Hmmm... I am not so sure. The delivery costs from Germany alone for this item must be fairly close to the total cost people are paying here...

It wouldn't surprise me that this is a special price given the Lidl deal and it is actually a loss maker (and the cost is purely a cover for the delivery) or some kind of error. When you compare the cost of say, aluminium extrusions from China, it says this just isn't a real price. Yes, Festool will be making a healthy profit on their tracks, but I don't believe there is main line manufacturer (Bosch, Dewalt etc.) that has a track over 1m that sells for less than £40 - which I think is telling...


----------



## Rorschach

Bodgers":3ofmvd25 said:


> powertools":3ofmvd25 said:
> 
> 
> 
> Lidl and their suppliers are not selling this stuff at a loss. It just goes to show the true cost and how some other suppliers are just trading on long established brand names that can still command a premium price for the same item.
> 
> 
> 
> 
> Hmmm... I am not so sure. The delivery costs from Germany alone for this item must be fairly close to the total cost people are paying here...
> 
> It wouldn't surprise me that this is a special price given the Lidl deal and it is actually a loss maker (and the cost is purely a cover for the delivery) or some kind of error. When you compare the cost of say, aluminium extrusions from China, it says this just isn't a real price. Yes, Festool will be making a healthy profit on their tracks, but I don't believe there is main line manufacturer (Bosch, Dewalt etc.) that has a track over 1m that sells for less than £40 - which I think is telling...
Click to expand...



I agree, postage cost for a large item is at least 50% of the cost there and you cannot tell me a company can make those tracks and a profit for 1-2 Euro?


----------



## jnw010

Why would the factory sell guide rails direct at a loss? What are they loss leading?
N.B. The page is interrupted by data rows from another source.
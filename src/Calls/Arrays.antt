-- ===== src/Calls/Arrays.antt =====
-- Arrays of values that the wasm side of rust/assets/hep-viewer.js leaves as words in its memory, each the
-- index of a value.
use ggsql_duckdb.Prelude.{
  ℕ, ◌+◌, ◌*◌, ◌%◌, ◌<◌, ◌≡◌, refl, sym, ap, subst, ◌∙◌, some, List, [], ◌∷◌, ◌++◌, length, arith,
}
use ggsql_duckdb.Boot.Init.{Bytes}
use ggsql_duckdb.Boot.Views.{IsCurrent}
use ggsql_duckdb.Glue.Heap.{JsValue, take_object, take_all}
use ggsql_duckdb.Glue.FreeList.{IsHeap}
use ggsql_duckdb.Glue.Passing.{Holds, dropped, take_all-dropped}
use ggsql_duckdb.Calls.Machine.{
  pos, to_int32, Block, Machine, World, answer, returned, warnings, Exports, Browser,
}
use ggsql_duckdb.Calls.Access.{
  word_at, data_view_memory, get_uint32, take_value, take_words, get_array_js_value,
}
use ggsql_duckdb.Calls.Document.{free_block, array_block, read_pair, receive_array, warnings_getter}
use ggsql_duckdb.Calls.Keeps.{moved}
use ggsql_duckdb.Calls.Methods.{KeepsStack}
use ggsql_duckdb.Calls.Runs.{
  same_word, small_word, bind-returned, viewed, with_heap, data_view_memory-viewed,
  get_uint32-returned, take_value-returned, frame-ended,
}
use ggsql_duckdb.Calls.Received.{read_pair-returned}

-- The words from an address on.
abbrev pub Words : Bytes → ℕ → List ℕ → Type 0
Words content at [] = Unit
Words content at (i ∷ is) = (word_at at content ≡ some i) × Words content (at + 4) is

module _ (browser : Browser) where
  pub take_words-take_all :
      (ids : List ℕ) (at : ℕ) (w : World)
      → Words w.machine.memory.content at ids
      → take_words browser w.machine.memory.buffer at (length ids) w
        ≡ (returned (take_all ids w.machine.heap).0, with_heap (take_all ids w.machine.heap).1 w)
  unfolding take_words take_all
  take_words-take_all [] at w h = refl
  take_words-take_all (idx ∷ ids) at w (first, rest) =
      let (v, heap) = take_object idx w.machine.heap in
      let taken = with_heap heap w in
      let vs = (take_all ids heap).0 in
      let left = with_heap (take_all ids heap).1 w in
      bind-returned (get_uint32 browser w.machine.memory.buffer at) _ w w idx
        (get_uint32-returned browser at idx w first)
      ∙ bind-returned (take_value browser (pos idx)) _ w taken v (take_value-returned browser idx w)
      ∙ bind-returned (take_words browser w.machine.memory.buffer (at + 4) (length ids)) _ taken
          left vs (take_words-take_all ids (at + 4) taken rest)

  pub get_array_js_value-take_all :
      (ids : List ℕ) (at : ℕ) (w : World)
      → IsCurrent w.machine.memory w.machine.globals
      → at < 4294967296
      → length ids < 2147483648
      → Words w.machine.memory.content at ids
      → get_array_js_value browser (to_int32 at) (to_int32 (length ids)) w ≡ (
        returned (take_all ids w.machine.heap).0,
        with_heap (take_all ids w.machine.heap).1 (viewed w),
      )
  unfolding get_array_js_value
  get_array_js_value-take_all ids at w v l h words =
      bind-returned (data_view_memory browser) _ w (viewed w) w.machine.memory.buffer
        (data_view_memory-viewed browser w v)
      ∙ rw (same_word at l, small_word (length ids) h) (take_words-take_all ids at (viewed w) words)

  module _ (exports : Exports) (k : KeepsStack exports) where
    -- From the words of an array to its values.
    receive_array-returned :
        (ids : List ℕ) (at n : ℕ) (v : World) (m : Machine)
        → IsCurrent v.machine.memory v.machine.globals
        → at < 4294967296
        → length ids < 536870912
        → Words v.machine.memory.content at ids
        → let given = with_heap (take_all ids v.machine.heap).1 (viewed v) in
          exports.free at (length ids * 4) 4 given.machine ≡ (answer n, m)
          → receive_array exports browser (to_int32 at) (to_int32 (length ids)) v ≡ (
            returned (take_all ids v.machine.heap).0,
            record {
              machine = m;
              frees =
                  v.frees ++ (record { address = at; size = length ids * 4; alignment = 4 } ∷ []);
            },
          )
    unfolding free_block
    receive_array-returned ids at n v m current l h words freed =
        let vs = (take_all ids v.machine.heap).0 in
        let given = with_heap (take_all ids v.machine.heap).1 (viewed v) in
        let small : length ids * 4 % 4294967296 ≡ length ids * 4 = omega arith in
        let block : Block = record { address = at; size = length ids * 4; alignment = 4 } in
        let after : World = record { machine = m; frees = v.frees ++ (block ∷ []) } in
        bind-returned (get_array_js_value browser (to_int32 at) (to_int32 (length ids))) _ v given
          vs (get_array_js_value-take_all ids at v current l (omega arith) words)
        ∙ bind-returned (free_block exports (array_block (to_int32 at) (to_int32 (length ids)))) _
            given after n
            (rw (same_word at l, small_word (length ids) (omega arith), small, freed) refl)

-- The getter `warnings` gives the values that lie at the indices which the export has left, in order.
-- It takes them out of the table: the table is well-formed after it, its free entries being those
-- that were free before and, in front of them, each of these indices once. It gives the block of the
-- indices back once, with its size in bytes. The export that frees leaves the table alone.
pub warnings_getter-Holds :
    (exports : Exports) (browser : Browser) (ptr : ℕ) (w : World) (n : Machine) (at : ℕ)
    (ids free : List ℕ) (vs : List JsValue)
    → KeepsStack exports
    → ((address size alignment : ℕ) (m : Machine)
        → (z : ℕ) × ((exports.free address size alignment m).0 ≡ answer z)
          × ((exports.free address size alignment m).1.heap ≡ m.heap))
    → let m = (moved w).machine in
      exports.run (warnings m.stack_pointer ptr) m ≡ (answer 0, n)
      → IsCurrent n.memory n.globals
      → IsHeap n.heap free
      → word_at m.stack_pointer n.memory.content ≡ some at
      → word_at (m.stack_pointer + 4) n.memory.content ≡ some (length ids)
      → at < 4294967296
      → length ids < 536870912
      → Words n.memory.content at ids
      → Holds n.heap free ids vs
      → let (r, v) = warnings_getter exports browser ptr w in
        (r ≡ returned vs)
        × (v.frees
            ≡ w.frees ++ (record { address = at; size = length ids * 4; alignment = 4 } ∷ []))
        × IsHeap v.machine.heap (dropped ids free)
unfolding warnings_getter
warnings_getter-Holds exports browser ptr w n at ids free vs k f ran current heap first second l h
      words holds =
    let request = λ (p : ℕ). warnings p ptr in
    let retptr = (moved w).machine.stack_pointer in
    let seen = viewed (record w { machine = n }) in
    let taken = take_all-dropped ids vs n.heap free heap holds in
    let given = with_heap (take_all ids n.heap).1 seen in
    let m = (exports.free at (length ids * 4) 4 given.machine).1 in
    let (z, freed, same) = f at (length ids * 4) 4 given.machine in
    let still : IsCurrent seen.machine.memory seen.machine.globals = record {
      data_view = refl;
      uint8_array = current.uint8_array;
    } in
    let after : World = record {
      machine = m;
      frees = w.frees ++ (record { address = at; size = length ids * 4; alignment = 4 } ∷ []);
    } in
    let run_to =
      bind-returned (read_pair exports browser request retptr) _ (moved w) seen
        (to_int32 at, to_int32 (length ids))
        (read_pair-returned browser exports request retptr (moved w) n at (length ids) ran current
          first second)
      ∙ receive_array-returned browser exports k ids at z seen m still l h words
          (ap (λ a. (a, m)) freed) in
    rw (frame-ended exports k browser _ w after (returned (take_all ids n.heap).0) run_to)
      (ap returned taken.0, refl, subst (λ g. IsHeap g (dropped ids free)) (sym same) taken.1)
Anyway, how are you guys getting on with joining the rail? I've had to file the ends of mine to get it square - it then goes together pretty much dead straight. I'm also using a door handle square bar which is a decent friction fit (I may drill and tap it later) as an additional joiner. 
Are there any other tricks or tips?


----------



## Racers

I cut some off the bottom of a door for a someone yesterday and it worked a treat!
I connected al my lengths of track and they looked nice and straight.

Pete


----------



## Doug71

jnw010":3vhf6q3l said:


> Why would the factory sell guide rails direct at a loss? What are they loss leading?
> 
> Anyway, how are you guys getting on with joining the rail? I've had to file the ends of mine to get it square - it then goes together pretty much dead straight. I'm also using a door handle square bar which is a decent friction fit (I may drill and tap it later) as an additional joiner.
> Are there any other tricks or tips?



Even the Festool rails are not guaranteed square at the ends, they recommend using a straight edge to line them up instead of butting the ends together.

Doug


----------



## galleywood

jnw010

Could you post some pics of your door handle square bar additional joiner please.


----------



## Bodgers

jnw010":1qfz7g1z said:


> Why would the factory sell guide rails direct at a loss? What are they loss leading?
> 
> Anyway, how are you guys getting on with joining the rail? I've had to file the ends of mine to get it square - it then goes together pretty much dead straight. I'm also using a door handle square bar which is a decent friction fit (I may drill and tap it later) as an additional joiner.
> Are there any other tricks or tips?


It could be part of a wider deal that they have with Lidl to cover costs, who knows...it also could be a genuine mistake...

Sent from my MI 3W using Tapatalk


----------



## iNewbie

Maybe the track is made to a minimum order and they have more tracks than saws.


----------



## jnw010

galleywood":2hyif6yb said:


> jnw010
> 
> Could you post some pics of your door handle square bar additional joiner please.



the-lidl-plunge-saw-t90209-30.html
I robbed the idea from another thread.


----------



## Keith Clague

A word of caution:-
The Lidl tracks are very good, and cheap replacements are available from Kompernass in pairs, with the joining bars. Just watch where you store them! 

I had a nice wee gap between my CH boiler and the wall that would protect them from damage - it did. However, the constant low level heat caused the glue holding the plastic splinter guards to soften and let the rubber guard migrate both horizontally and vertically, rendering them useless. If you use them to align the ends of the track for the cut, as is normal, the cut will be in the wrong place.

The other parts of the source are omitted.